До хаты было шагов двести, но эти двести шагов показались Петру вечностью. Они крались вдоль плетней, замирая при каждом шорохе. Где-то далеко протарахтела мотоциклетка — звук резанул по нервам, но быстро стих, утонул в ночи. Из соседнего двора донесся хриплый кашель, скрипнула дверь. Петр прижался к забору, чувствуя, как гулко колотится сердце. Елена обернулась, приложила палец к губам. В лунном свете ее лицо казалось вырезанным из старого потемневшего серебра — строгим и прекрасным.

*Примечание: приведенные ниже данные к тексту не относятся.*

-- ===== src/Samples.antt =====
-- Rows that the tests and the examples of several components start from.
use rfp.Database.{Db, Document, DocumentPage, ProposalProject, Status, Tables, quarantined}
use rfp.Prelude.{List, [], false, none, some}

abbrev pub blank_document : Document
blank_document = record {
  id = 1;
  project_id = 2;
  created_by_id = 3;
  display_filename = "bid.pdf";
  file_path = "q/1.upload";
  file_type = "application/pdf";
  doc_role = "rfp";
  processing_status = "pending_security_scan";
  approval_status = "PENDING";
  content = none;
  ingestion_status = quarantined;
  detected_content_type = some "application/pdf";
  sha256_digest = some "d1";
  file_size_bytes = some 4;
  quarantined_at = some 100;
  scan_status = none;
  scan_engine_version = none;
  scan_signature_version = none;
  scan_started_at = none;
  scan_completed_at = none;
  scan_attempt_count = 0;
  scan_digest_snapshot = none;
  content_policy_status = none;
  content_policy_version = none;
  rejection_reason_code = none;
  operator_failure_summary = none;
  promotion_started_at = none;
  promotion_completed_at = none;
  promotion_attempt_count = 0;
  clean_storage_identifier = none;
  cleanup_pending = false;
  parser_version = none;
  parser_completed_at = none;
  parse_started_at = none;
  parse_attempt_count = 0;
  parse_attempt_id = none;
  parse_error_code = none;
}

abbrev pub with_status : Status → Document
with_status s = record blank_document { ingestion_status = s }

abbrev pub sample_project : ProposalProject
sample_project = record { id = 2; organization_id = 7 }

abbrev pub tables_of : Document → List DocumentPage → Tables
tables_of doc pages = record {
  document = some doc;
  project = some sample_project;
  pages = pages;
  audit = [];
}

-- A session with nothing pending.
abbrev pub db_of : Document → Db
db_of doc = record {
  committed = tables_of doc [];
  working = tables_of doc [];
  queue = [];
  request_id = none;
}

Наконец они добрались до крайней хаты. Низенькое строение под камышовой крышей, беленые стены, покосившееся крыльцо. Дарья Матвеевна бесшумно отворила дверь и пропустила всех внутрь. В сенях пахло сухими травами, золой и кисловатым запахом овчины. Из горницы доносилось негромкое посапывание — видимо, спал ребенок.

В хате было темно, только слабый огонек лампадки теплился в красном углу перед потемневшей иконой Богородицы. Петр разглядел русскую печь с лежанкой, стол, покрытый выцветшей клеенкой, две железные кровати. На одной из них, закутанный в лоскутное одеяло, спал мальчик лет шести — светловолосый, худенький. Сын Елены, догадался Петр.

«Сюда давай,» — шепнула Дарья Матвеевна, отодвигая в сторону половик и поднимая крышку подпола. — «Там погреб, только холодный нынче. Ничего, лучше в холоде, чем в земле сырой.»

Петр осторожно спустил Серегу вниз, на руки Дарьи Матвеевны, потом спустился сам. Подпол оказался неглубоким, выложенным изнутри горбылем. Вдоль стен стояли кадушки с соленьями, лежали мешки с картошкой и луком. Пахло сыростью, плесенью и укропом. Женщины устроили Серегу на ворохе старой мешковины, подложили под голову свернутый полушубок. Елена принесла откуда-то чистую тряпицу, кувшин с водой, начала промывать рану. Двигалась она ловко, сноровисто — видно, не впервой было перевязывать.

«Училась где?» — не удержался Петр.

«На курсах медсестер, до войны,» — коротко ответила она, не поднимая глаз. — «Только не сгодилось. Муж на фронт ушел, я с дитем осталась. А потом похоронка пришла...»

Голос ее дрогнул, но она тут же взяла себя в руки. Петр почувствовал, как к горлу подкатывает ком. В свои двадцать три он уже знал цену потерям.

Сверху донесся тихий стук. Дарья Матвеевна встрепенулась, прислушалась. Стук повторился — три удара, пауза, еще два. Условный знак.

«Тихо!» — прошипела она. — «Соседка. Светку не утаишь, все видит. Сейчас подымусь, отбрешусь как-нибудь. Лена, будь здесь, пока не позову.»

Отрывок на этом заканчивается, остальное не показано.